I realized, at some point while reading this, that I don’t actually remember much of what happened in the 7th season of Castle (not its best season) and I waited a lot longer before getting around to this one, so I really didn’t pick up on all the show references in the book. Which means, I was forced to take it on its own merit.

Nikki Heat has been promoted to captain and has to deal with the new pressures that come with that job. It doesn’t help that she catches a high-profile case right off the bat: the murder of a police psychologist, Lon King. HER psychologist. It’s not an easy death for Heat to deal with, especially since King had been helping her deal with her feelings about her impending marriage to Jamison Rook.

But, things aren’t always as it seems, and soon one murder turns into five (and the entire NYPD gets hacked)  as Heat and Rook try and solve this case.

Y’know, on its own merit, these still aren’t bad.
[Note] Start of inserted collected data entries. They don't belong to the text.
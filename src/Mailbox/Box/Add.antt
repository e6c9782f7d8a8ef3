-- ===== src/Mailbox/Box/Add.antt =====
-- `addNew` keeps the uids and the counters true to the folder.
use bmagent.Base.{
  ℕ, ◌+◌, ◌≡◌, inl, inr, refl, sym, ap, subst, ◌∙◌, Bool, false, Option, none, some, List, [], ◌∷◌,
  ◌++◌, u32, Text, text_eq, arith, Bool-cases, Option-cases,
}
use bmagent.Mailbox.Coding.{
  fine, encoding2, Coding, ImapData, Bmail, serialize_bitmessage, decode_bitmessage,
}
use bmagent.Mailbox.Coding.Trip.{
  IsCoding, body_of, stored, stored_imap_data, decode_bitmessage-serialize_bitmessage,
}
use bmagent.Mailbox.Box.{Folders, Flags, Mailbox, belongs, messages, refresh}
use bmagent.Mailbox.Box.Changes.{insert_new, save_bitmessage, prepared, add_new}
use bmagent.Mailbox.Box.Stats.{Shows, refresh-Shows, refresh-readable}
use bmagent.Mailbox.Box.Own.{Outcome-cases, classify, AreReadable}

-- What a state of a folder promises of a new message: it comes after the others, and after an error the
-- folder is as it was.
pub record Appends (F : Folders) (f : F.Folder) : Type 0 where
  pub appends :
      (msg : Text) (id : ℕ)
      → (F.insert_new_message msg 2 f).1 ≡ some id
      → (F.visited 0 0 2 (F.insert_new_message msg 2 f).0).0
        ≡ (F.visited 0 0 2 f).0 ++ ((id, msg) ∷ [])
  pub ends :
      (msg : Text) (id : ℕ)
      → (F.insert_new_message msg 2 f).1 ≡ some id
      → (F.visited 0 0 2 (F.insert_new_message msg 2 f).0).1 ≡ (F.visited 0 0 2 f).1
  pub keeps :
      (msg : Text) → (F.insert_new_message msg 2 f).1 ≡ none → (F.insert_new_message msg 2 f).0 ≡ f

module _ (C : Coding) (F : Folders) (X : Flags) (probe : ℕ → ℕ → ℕ → ℕ → ℕ → ℕ) where
  open C use {Time, Object}

  abbrev Box : Type 0
  Box = Mailbox C F X probe

  abbrev Sub : Type 0
  Sub = Option (Bmail Time → Bool)

  AreReadable-append :
      (sub : Sub) (id : ℕ) (msg : Text) (es : List (ℕ × Text))
      → AreReadable C F X probe sub es
      → (mine : Option ℕ) → classify C F X probe sub msg ≡ fine mine
      → AreReadable C F X probe sub (es ++ ((id, msg) ∷ []))
  AreReadable-append sub id msg [] h mine e = ((mine, e), tt)
  AreReadable-append sub id msg ((j, m) ∷ es) (here, h) mine e =
      (here, AreReadable-append sub id msg es h mine e)

  -- A message that decodes, with IMAP data, is of some class.
  classify-decoded :
      (sub : Sub) (msg : Text) (b : Bmail Time) (o : Option Object) (i : ImapData Time)
      → decode_bitmessage C msg ≡ fine (b, o)
      → b.imap_data ≡ some i
      → (mine : Option ℕ) × (classify C F X probe sub msg ≡ fine mine)
  unfolding classify
  classify-decoded sub msg b o i e e' = elim (Bool-cases (belongs C F X probe sub b)) [
    | inl t ↦ (some i.flags, rw (e, classify) (rw t (rw e' refl)))
    | inr t ↦ (none, rw (e, classify) (rw t refl))
  ]

  -- A refresh after a new message that can be read.
  inserted-Shows :
      (box : Box) (law : Appends F box.mbox) (msg : Text) (id : ℕ) (mine : Option ℕ)
      → Shows C F X probe box
      → (F.insert_new_message msg 2 box.mbox).1 ≡ some id
      → classify C F X probe box.sub msg ≡ fine mine
      → let box' : Box = record box { mbox = (F.insert_new_message msg 2 box.mbox).0 } in
        Shows C F X probe (refresh C F X probe box').0
  inserted-Shows box law msg id mine v e c =
      let box' : Box = record box { mbox = (F.insert_new_message msg 2 box.mbox).0 } in
      let good =
        refresh-readable C F X probe box'
          (subst (AreReadable C F X probe box.sub) (sym (law.appends msg id e))
            (AreReadable-append box.sub id msg (F.visited 0 0 2 box.mbox).0 v.readable mine c))
          (law.ends msg id e ∙ v.ended) in
      elim (refresh-Shows C F X probe box') [
        | inl (_, shows, _, _, _) ↦ shows
        | inr (inl bad, _, _) ↦ absurd (ground arith)
        | inr (inr bad, _, _) ↦ absurd (ground arith)
      ]

  insert_new-cases :
      (box : Box) (law : Appends F box.mbox) (msg : Text) (mine : Option ℕ)
      → Shows C F X probe box
      → classify C F X probe box.sub msg ≡ fine mine
      → Shows C F X probe (insert_new C F X probe msg 2 box).0
  unfolding insert_new
  insert_new-cases box law msg mine v c =
      elim (Option-cases (F.insert_new_message msg 2 box.mbox).1) [
        | inl e ↦
            rw (e, insert_new)
              (subst (λ m. Shows C F X probe (record box { mbox = m })) (sym (law.keeps msg e)) v)
        | inr (id, e) ↦ rw (e, insert_new) (inserted-Shows box law msg id mine v e c)
      ]

  module _ (coding : IsCoding C) where
    serialized-read :
        (m : Bmail Time) (i : ImapData Time) (a : ℕ) (body subject bs : Text) (sub : Sub)
        → m.content ≡ encoding2 subject (a ∷ body)
        → m.imap_data ≡ some i
        → serialize_bitmessage C m none ≡ some bs
        → (mine : Option ℕ) × (classify C F X probe sub bs ≡ fine mine)
    unfolding stored stored_imap_data text_eq
    serialized-read m i a body subject bs sub content imap e =
        let back = decode_bitmessage-serialize_bitmessage C coding m none bs e in
        let full : text_eq (body_of m.content) [] ≡ false = rw content refl in
        let kept : ImapData Time = record {
          uid = 0;
          sequence_number = 0;
          flags = i.flags;
          time_received = coding.whole i.time_received;
        } in
        classify-decoded sub bs (stored C coding m) none kept (back ∙ rw full refl)
          (ap (stored_imap_data C coding) imap)

    -- A message that is saved for the first time.
    saved-Shows :
        (m : Bmail Time) (i : ImapData Time) (a : ℕ) (body subject : Text) (box : Box)
        → m.content ≡ encoding2 subject (a ∷ body)
        → m.imap_data ≡ some i
        → i.uid ≡ 0
        → Appends F box.mbox
        → Shows C F X probe box
        → Shows C F X probe (save_bitmessage C F X probe m box).0
    unfolding save_bitmessage
    saved-Shows m i a body subject box content imap new law v =
        elim (Option-cases (serialize_bitmessage C m none)) [
          | inl e ↦ rw (e, save_bitmessage) v
          | inr (bs, e) ↦
              let (mine, c) = serialized-read m i a body subject bs box.sub content imap e in
              let two : C.encoding_of m.content ≡ 2 =
                ap C.encoding_of content ∙ coding.second_kind subject (a ∷ body) in
              rw (e, save_bitmessage)
                (rw imap (rw new (rw two (insert_new-cases box law bs mine v c))))
        ]

    -- `AddNew` of a message of encoding 2 with a body that is not empty, whatever fails in it, keeps the
    -- uids and the counters those of the messages in the folder. The packages read back what they wrote
    -- and the mailbox's folder, as it is, has a new message after its others.
    pub add_new-Shows :
        (now : Time) (flags a : ℕ) (body subject : Text) (m : Bmail Time) (box : Box)
        → m.content ≡ encoding2 subject (a ∷ body)
        → Appends F box.mbox
        → Shows C F X probe box
        → Shows C F X probe (add_new C F X probe now flags m box).0
    unfolding add_new prepared
    add_new-Shows now flags a body subject m box content law v =
        let saved =
          saved-Shows (prepared C F X probe now flags m box)
            (record {
              uid = 0;
              sequence_number = u32 (messages C F X probe box + 1);
              flags = flags;
              time_received = now;
            })
            a body subject box content refl refl law v in
        elim (Outcome-cases
          (save_bitmessage C F X probe (prepared C F X probe now flags m box) box).2) [
            | inl (inl e) ↦ rw (e, add_new) saved
            | inl (inr e) ↦ rw (e, add_new) saved
            | inr (x, e) ↦ rw (e, add_new) saved
          ]
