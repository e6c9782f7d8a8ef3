-- ===== src/Store/Folder/Each.antt =====
-- store/folder.go: `ForEachMessage` and `LastID` of a folder in the database.
pub mod Visits
use bmagent.Base.{
  ℕ, zero, suc, ◌+◌, Bool, true, false, not, ◌||◌, ◌&&◌, Option, none, some, List, [], ◌∷◌, ltb,
  ◌==◌, if◌then◌else◌, Text, IdMap, empty_map, put, length,
}
use bmagent.Store.Bytes.{put_uint64, number_of, split_at, uint64}
use bmagent.Store.Box.{Boxes, opened, not_opened, stopped, decrypt}
use bmagent.Store.Bucket.{Buckets, Entries}
use bmagent.Store.Folder.{
  Error, bad_range, not_found, decryption_failed, Reply, done, failed, panicked, no_user,
  no_folders, no_folder, there, Folder,
}

module _ (S : Boxes) (B : Buckets) where
  open S use {Key}

  -- The id and the suffix of a key; none is a panic.
  unfoldable pub key_parts : Text → Option (ℕ × ℕ)
  unfolding split_at number_of uint64
  key_parts k = elim (split_at 8 k) [
    | none ↦ none
    | some (front, back) ↦ elim (uint64 back) [
      | none ↦ none
      | some suffix ↦ some (number_of 0 front, suffix)
    ]
  ]

  -- The loop of `ForEachMessage` from the cursor on; a key without a value is a bucket. The function
  -- works on a state of its own.
  unfoldable pub visit {ℓ} :
      {T : Type ℓ}
      → Option Key
      → ℕ
      → ℕ
      → (ℕ → ℕ → Text → T → T × Option Error)
      → Entries
      → T
      → T × Reply Unit
  unfolding key_parts decrypt
  visit key high suffix fn [] s = (s, done tt)
  visit key high suffix fn ((k, none) ∷ es) s = visit key high suffix fn es s
  visit key high suffix fn ((k, some v) ∷ es) s =
      let rest = visit key high suffix fn es in
      elim (key_parts k) [
        | none ↦ (s, panicked)
        | some (id, sfx) ↦
            if not (high == 0) && ltb high id
            then (s, done tt)
            else if not (suffix == 0) && not (sfx == suffix)
            then rest s
            else elim (decrypt S key v) [
              | stopped ↦ (s, panicked)
              | not_opened ↦ (s, failed decryption_failed)
              | opened msg ↦
                  let (s', e) = fn id sfx msg s in
                  elim e [ some error ↦ (s', failed error) | none ↦ rest s' ]
            ]
      ]

  -- `ForEachMessage`
  unfoldable pub for_each_message {ℓ} :
      {T : Type ℓ}
      → ℕ
      → ℕ
      → ℕ
      → (ℕ → ℕ → Text → T → T × Option Error)
      → Folder S B
      → T
      → T × Reply Unit
  unfolding visit
  for_each_message low high suffix fn f s =
      if not (high == 0) && ltb high low then (s, failed bad_range) else elim f.place [
        | no_user ↦ (s, failed not_found)
        | no_folders ↦ (s, panicked)
        | no_folder ↦ (s, panicked)
        | there m d ↦ visit f.master_key high suffix fn (B.seek (put_uint64 low) m) s
      ]

  -- `if v, ok := lastIDBySuffix[suffix]; ok && v > suffix`
  unfoldable pub is_passed : ℕ → IdMap ℕ → Bool
  is_passed suffix last = elim (last suffix) [ none ↦ false | some v ↦ ltb suffix v ]

  -- The loop of `LastID`
  unfoldable pub last_loop : Entries → ℕ → IdMap ℕ → Option (ℕ × IdMap ℕ)
  unfolding key_parts is_passed
  last_loop [] last by_suffix = some (last, by_suffix)
  last_loop ((k, v) ∷ es) last by_suffix =
      let rest = last_loop es in
      if not (length k == 16) then rest last by_suffix else elim (key_parts k) [
        | none ↦ none
        | some (id, suffix) ↦
            if is_passed suffix by_suffix
            then rest last by_suffix
            else if ltb id last
            then rest last (put suffix id by_suffix)
            else rest id (put suffix id by_suffix)
      ]

  -- `LastID`; none is a panic.
  unfoldable pub last_id : Folder S B → Option (ℕ × IdMap ℕ)
  unfolding last_loop
  last_id f = elim f.place [
    | no_user ↦ none
    | no_folders ↦ none
    | no_folder ↦ none
    | there m d ↦ last_loop (B.entries m) 0 empty_map
  ]
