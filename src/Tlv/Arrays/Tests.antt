-- ===== src/Tlv/Arrays/Tests.antt =====
-- An array of three bytes, each written behind its index as one byte.
use zcrt.Base.{
  le→leb, ◌>>=◌, length, get_elem?, take, length-append, ℕ, zero, suc, ◌+◌, ◌^◌, ◌≤◌, ◌<◌, ◌≡◌,
  refl, true, none, some, List, [], ◌∷◌, ◌++◌, arith,
}
use zcrt.Buf.{ZBuf, IsValid, unread, store}
use zcrt.Buf.Append.{Appended}
use zcrt.Buf.Reading.{skip}
use zcrt.Buf.Tests.{ample, ample-grants, buffer_of, buffer_of-IsValid}
use zcrt.ArrayList.{ArrayList}
use zcrt.ArrayList.Growth.{IsWhole, HasRoom}
use zcrt.Tlv.Value.{get_type, put_type}
use zcrt.Tlv.Value.Cursor.{get_type_lem, put_type_lem}
use zcrt.Tlv.Len.Groups.{groups, length-groups}
use zcrt.Tlv.Zigzag.{zigzag_encode32}
use zcrt.Tlv.Value.Scalars.{int_bytes}
use zcrt.Tlv.Arrays.{TypePut, TypeGet, get_array, put_array}
use zcrt.Tlv.Arrays.Slices.{slice, patch}
use zcrt.Tlv.Arrays.Elems.{Codec}
use zcrt.Tlv.Arrays.Round.{get_array-put_array}

put_byte : TypePut
put_byte v block none = none
put_byte v block (some p) = get_elem? block p >>= λ b. put_type v b >>= λ w. some (w, true)

get_byte : TypeGet
get_byte v block none = none
get_byte v block (some p) =
    get_type v >>= λ r. store block p (r.1 ∷ []) >>= λ block'. some (r.0, block', true)

byte_at :
    (block : List ℕ) (p : ℕ)
    → p + 1 ≤ length block
    → (b : ℕ) × (get_elem? block p ≡ some b) × (slice block p 1 ≡ b ∷ [])
byte_at [] p h = absurd (omega arith)
byte_at (x ∷ xs) zero h = (x, refl, refl)
byte_at (x ∷ xs) (suc p) h = byte_at xs p (omega arith)

put_byte_lem :
    (v : ZBuf) (block : List ℕ) (p : ℕ)
    → IsValid v
    → p + 1 ≤ length block
    → v.len + length (slice block p 1) + 13 < 2 ^ 31
    → (w : ZBuf) × (put_byte v block (some p) ≡ some (w, true)) × Appended v (slice block p 1) w
unfolding put_byte
put_byte_lem v block p valid inside room =
    let (b, found, same) = byte_at block p inside in
    let (w, run, a) = put_type_lem ample-grants v b valid (omega arith) in
    (w, rw (found, ◌>>=◌, run) refl, rw same a)

get_byte_lem :
    (v : ZBuf) (block : List ℕ) (p : ℕ) (e rest : List ℕ)
    → IsValid v
    → p + 1 ≤ length block
    → length e ≡ 1
    → unread v ≡ e ++ rest
    → get_byte v block (some p) ≡ some (skip v (length e), patch block p e, true)
unfolding get_byte store
get_byte_lem v block p [] rest valid inside size at = absurd (omega arith)
get_byte_lem v block p (b ∷ []) rest valid inside size at =
    rw (get_type_lem v b rest valid at, ◌>>=◌, le→leb (p + 1) (length block) inside) refl
get_byte_lem v block p (b ∷ c ∷ e) rest valid inside size at = absurd (omega arith)

byte-Codec : Codec 1 (λ e. e) put_byte get_byte
byte-Codec = record {
  puts = λ v block p valid inside room. put_byte_lem v block p valid inside room;
  gets = λ v block p e rest valid short inside size at.
      get_byte_lem v block p e rest valid inside size at;
}

abbrev three : ArrayList
three = record {
  len = 3;
  unitsize = 1;
  alloced = 4;
  memtag = 7;
  step = 2;
  data_block = 5 ∷ 6 ∷ 7 ∷ 0 ∷ [];
}

abbrev one_slot : ArrayList
one_slot = record { len = 0; unitsize = 1; alloced = 1; memtag = 7; step = 1; data_block = 9 ∷ [] }

three-IsWhole : IsWhole three
three-IsWhole = record {
  sized = refl;
  fits = omega arith;
  narrow = omega arith;
  count = omega arith;
}

one_slot-IsWhole : IsWhole one_slot
one_slot-IsWhole = record {
  sized = refl;
  fits = omega arith;
  narrow = omega arith;
  count = omega arith;
}

one_slot-HasRoom : HasRoom one_slot 3
one_slot-HasRoom = record {
  small = omega arith;
  by_step = omega arith;
  step_bytes = omega arith;
  len_bytes = omega arith;
}

abbrev rest_2 : List ℕ
rest_2 = int_bytes 3 ++ (7 ∷ [])

abbrev rest_1 : List ℕ
rest_1 = int_bytes 2 ++ (6 ∷ rest_2)

get_array-put_array_example :
    (w u : ZBuf) × (c : ArrayList) × (put_array (buffer_of []) (some three) (some put_byte)
      ≡ some (w, true))
    × (get_array w (some one_slot) (some get_byte) ≡ some (u, some c, true))
    × (c.len ≡ 3)
    × (take 3 c.data_block ≡ 5 ∷ 6 ∷ 7 ∷ [])
    × (unread u ≡ [])
get_array-put_array_example =
    get_array-put_array byte-Codec ample-grants (buffer_of []) three one_slot
      (buffer_of-IsValid [] (omega arith)) refl three-IsWhole one_slot-IsWhole refl refl
      one_slot-HasRoom
      (omega (
        arith,
        length-groups 4 3,
        length-groups 4 (zigzag_encode32 1),
        length-groups 4 (zigzag_encode32 2),
        length-groups 4 (zigzag_encode32 3),
        length-append (groups 4 (zigzag_encode32 1)) (5 ∷ rest_1),
        length-append (groups 4 (zigzag_encode32 2)) (6 ∷ rest_2),
        length-append (groups 4 (zigzag_encode32 3)) (7 ∷ []),
      ))
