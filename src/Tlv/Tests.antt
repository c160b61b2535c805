-- ===== src/Tlv/Tests.antt =====
-- Concrete values in a buffer.
use zcrt.Base.{length, ◌+◌, ◌-◌, ◌≡◌, refl, true, some, List, [], ◌∷◌, ◌++◌, arith}
use zcrt.Buf.Tests.{ample, ample-grants}
use zcrt.Buf.{ZBuf, IsValid, unread}
use zcrt.Buf.Reading.{skip}
use zcrt.Tlv.Ty
use zcrt.Tlv.Zigzag.{zigzag_encode32, encode64, u64}
use zcrt.Tlv.Len.{get_len}
use zcrt.Tlv.Len.Groups.{groups}
use zcrt.Tlv.Len.Overread.{get_len_overread}
use zcrt.Tlv.Len64.{write_len64, read_var_int64}
use zcrt.Tlv.Len64.Write.{write_len64-groups}
use zcrt.Tlv.Len64.Read.{read_var_int64-groups}
use zcrt.Tlv.Value.Texts.{str_bytes}
use zcrt.Tlv.Value.Message.{
  Value, int, text, bool, int64, table, uint32, all_bytes, GetsAll, put_values,
  get_values-put_values,
}

-- An empty block of eight bytes.
abbrev empty_buf : ZBuf
empty_buf = record {
  tag = 1;
  maxlen = 8;
  len = 0;
  offset = 0;
  buf = 9 ∷ 9 ∷ 9 ∷ 9 ∷ 9 ∷ 9 ∷ 9 ∷ 9 ∷ [];
}

empty_buf-IsValid : IsValid empty_buf
empty_buf-IsValid = record {
  room = omega arith;
  fits = omega arith;
  behind = omega arith;
  narrow = omega arith;
}

-- The bytes `0x8a 0x02` of 266, the zigzag code of 133, behind a byte that has been read.
abbrev groups_buf : ZBuf
groups_buf = record { tag = 1; maxlen = 4; len = 3; offset = 1; buf = 5 ∷ 138 ∷ 2 ∷ 77 ∷ [] }

groups_buf-IsValid : IsValid groups_buf
groups_buf-IsValid = record {
  room = omega arith;
  fits = omega arith;
  behind = omega arith;
  narrow = omega arith;
}

groups_266 : unread groups_buf ≡ groups 4 266 ++ []
unfolding groups
groups_266 = refl

groups_133 : unread groups_buf ≡ groups 4 (zigzag_encode32 133) ++ []
unfolding groups zigzag_encode32
groups_133 = refl

groups_133_wide : unread groups_buf ≡ groups 9 (encode64 133) ++ []
unfolding groups encode64
groups_133_wide = refl

-- Everything has been read.
abbrev read_buf : ZBuf
read_buf = record { tag = 1; maxlen = 4; len = 3; offset = 3; buf = 5 ∷ 138 ∷ 2 ∷ 77 ∷ [] }

read_buf-IsValid : IsValid read_buf
read_buf-IsValid = record {
  room = omega arith;
  fits = omega arith;
  behind = omega arith;
  narrow = omega arith;
}

abbrev sample : List Value
sample =
    int 133
    ∷ text (104 ∷ 105 ∷ [])
    ∷ bool true
    ∷ int64 (u64 - 5000000000)
    ∷ table 2
    ∷ uint32 3000000000
    ∷ []

sample_size : length (all_bytes sample) ≡ 22
unfolding groups zigzag_encode32 encode64
sample_size = refl

get_values-put_values_example :
    (w u : ZBuf) × (put_values empty_buf sample ≡ some w) × GetsAll w sample u × (unread u ≡ [])
get_values-put_values_example =
    get_values-put_values ample-grants empty_buf sample empty_buf-IsValid refl
      (omega arith, (omega arith, (tt, (omega arith, (omega arith, (omega arith, tt))))))
      (omega (arith, sample_size))

write_len64-groups_example : write_len64 (u64 - 1) ≡ groups 9 (u64 - 1)
write_len64-groups_example = write_len64-groups (u64 - 1) (omega arith)

read_var_int64-groups_example :
    read_var_int64 groups_buf ≡ some (skip groups_buf (length (groups 9 (encode64 133))), some 133)
read_var_int64-groups_example =
    read_var_int64-groups groups_buf 133 [] groups_buf-IsValid (omega arith) (omega arith)
      groups_133_wide

get_len_overread_example : get_len read_buf ≡ some (record read_buf { offset = 3 + 1 }, 77, true)
get_len_overread_example =
    get_len_overread read_buf 77 read_buf-IsValid (omega arith) refl refl (omega arith)

-- The string "hi".
abbrev hi_buf : ZBuf
hi_buf = record { tag = 1; maxlen = 4; len = 4; offset = 0; buf = Ty.str ∷ 2 ∷ 104 ∷ 105 ∷ [] }

hi_buf-IsValid : IsValid hi_buf
hi_buf-IsValid = record {
  room = omega arith;
  fits = omega arith;
  behind = omega arith;
  narrow = omega arith;
}

hi_bytes : unread hi_buf ≡ str_bytes (104 ∷ 105 ∷ []) ++ []
unfolding groups
hi_bytes = refl
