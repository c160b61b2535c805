-- ===== src/Tlv/Value/Ignore.antt =====
-- zipc/zipc_tlv.c: `ztlv_get_ignore`, which reads the type byte and then calls a get function that
-- reads a type byte too.
use zcrt.Base.{
  ltb, ◌==◌, ltb→lt, Bool-cases, ◌>>=◌, length, length-append, ℕ, ◌+◌, ◌/◌, ◌%◌, ◌≤◌, ◌<◌, ◌≡◌, ap,
  ◌∙◌, ◌≢◌, inl, inr, true, false, none, some, List, [], ◌∷◌, ◌++◌, append_assoc, arith,
}
use zcrt.Buf.{ZBuf, IsValid, unread}
use zcrt.Buf.Reading.{skip}
use zcrt.Tlv.Ty
use zcrt.Tlv.Len.Groups.{groups, groups_small, groups_big}
use zcrt.Tlv.Value.{get_string, get_ignore}
use zcrt.Tlv.Value.Cursor.{get_type_lem, skip_one-IsValid, unread-skip_one, skip-skip}
use zcrt.Tlv.Value.Texts.{str_bytes}

-- The first byte of a length other than 17 is no string type.
groups_head :
    (n : ℕ) → n ≢ Ty.str → (b : ℕ) × (bs : List ℕ) × (groups 4 n ≡ b ∷ bs) × ((b == Ty.str) ≡ false)
groups_head n other = elim (Bool-cases (ltb n 128)) [
  | inl small ↦ (n, [], groups_small 4 n (ltb→lt n 128 small), ground arith)
  | inr big ↦ (n % 128 + 128, groups 3 (n / 128), groups_big 3 n (ground arith), ground arith)
]

module _ (v : ZBuf) (valid : IsValid v) (b : ℕ) (rest : List ℕ) (at : unread v ≡ b ∷ rest) where
  get_string_other : (b == Ty.str) ≡ false → get_string v ≡ some (skip v 1, none)
  unfolding get_string
  get_string_other other = rw (get_type_lem v b rest valid at, ◌>>=◌, other)

-- Where a nonempty string whose length is not 17 is next in a well-formed buffer, `ztlv_get_ignore`
-- returns true but steps over two bytes only, fewer than the value has.
pub get_ignore-string :
    (v : ZBuf) (s rest : List ℕ)
    → IsValid v
    → unread v ≡ str_bytes s ++ rest
    → length s ≢ Ty.str
    → 1 ≤ length s
    → (get_ignore v ≡ some (skip v 2, true)) × (2 < length (str_bytes s))
unfolding get_ignore
get_ignore-string v s rest valid at other some_text =
    let (b, bs, bytes, differs) = groups_head (length s) other in
    let at' : unread v ≡ Ty.str ∷ (b ∷ (bs ++ (s ++ rest))) =
      at
      ∙ ap (λ l. Ty.str ∷ ((l ++ s) ++ rest)) bytes
      ∙ ap (λ l. Ty.str ∷ (b ∷ l)) (append_assoc bs s rest) in
    let after = b ∷ (bs ++ (s ++ rest)) in
    let valid' = skip_one-IsValid v Ty.str after valid at' in
    let next = unread-skip_one v Ty.str after valid at' in
    let run = get_string_other (skip v 1) valid' b (bs ++ (s ++ rest)) next differs in
    (
      rw (get_type_lem v Ty.str after valid at', ◌>>=◌, run)
          (ap (λ u. some (u, true)) (skip-skip v 1)),
      rw bytes (omega (arith, length-append bs s)),
    )
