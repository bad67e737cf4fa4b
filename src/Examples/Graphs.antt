-- ===== src/Examples/Graphs.antt =====
-- Runs and instances for the control-flow graphs of src/lang/analysis_cfg.py.
use l.Base.{[], ◌∷◌, ◌≡◌, refl, none, map}
use l.Syntax.{Block, end, next, for, no_clause, no_expr, if_else, continue, break, exprstmt}
use l.Interp.{run_block}
use l.Interp.Signals.{Ends}
use l.Interp.Loops.{NoFall}
use l.Cfg.{Edge, block, build, connect, connect_back, fresh_graph}
use l.Cfg.Formed.{IsFormed}
use l.Cfg.Builds.{build-IsFormed}
use l.Cfg.Dead.{append, dead_code, run_block-closed}
use l.Examples.Flow.{toy, start, yes, leave, loop_body}

-- for (;;) { if (true) { return true; } else { continue; } }
abbrev endless : Block
endless =
    next (for no_clause no_expr no_clause (next (if_else yes leave (next continue end)) end)) end

-- for (;;) { break; }
abbrev left : Block
left = next (for no_clause no_expr no_clause (next break end)) end

-- true;
abbrev after : Block
after = next (exprstmt yes) end

-- the entry leads to the test, the test into the body, and both branches jump
endless_sources : map (λ (e : Edge). e.source) (build endless).edges ≡ 0 ∷ 2 ∷ 4 ∷ 5 ∷ 4 ∷ 6 ∷ []
unfolding build block connect connect_back
endless_sources = refl

endless_targets : map (λ (e : Edge). e.target) (build endless).edges ≡ 2 ∷ 4 ∷ 5 ∷ 1 ∷ 6 ∷ 2 ∷ []
unfolding build block connect connect_back
endless_targets = refl

left_dead : (build (append left after)).unreachable ≡ []
unfolding build block connect connect_back
left_dead = refl

endless_dead : (build (append endless after)).unreachable ≡ exprstmt yes ∷ []
unfolding build block connect connect_back
endless_dead = refl

endless_closed : (block endless ((0, none) ∷ []) none 0 fresh_graph).frontier ≡ []
unfolding block connect connect_back
endless_closed = refl

build-IsFormed_example : IsFormed (build loop_body)
build-IsFormed_example = build-IsFormed loop_body

dead_code_example :
    run_block toy 20 (append endless after) start ≡ run_block toy 20 (append endless leave) start
dead_code_example =
    dead_code toy 20 endless after leave start (0, none) [] none 0 fresh_graph endless_closed

run_block-closed_example : Ends toy (NoFall toy) (run_block toy 20 endless start)
run_block-closed_example =
    run_block-closed toy 20 endless start (0, none) [] none 0 fresh_graph endless_closed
The mystery was complex enough that I didn’t quite figure it out (though it did leave out one crucial piece of information, I think, in order to fully solve the mystery)  but it wasn’t super out of left field when they finally figured it all out. The plotting’s good, the writing’s not half-bad (I’ve read worse), and aside from a few editing mistakes (c’mon editors, get your act together. I know you’re trying to churn these out but, take a deep  breath and double check your work), it really is a halfway decent (if pulpy) mystery series.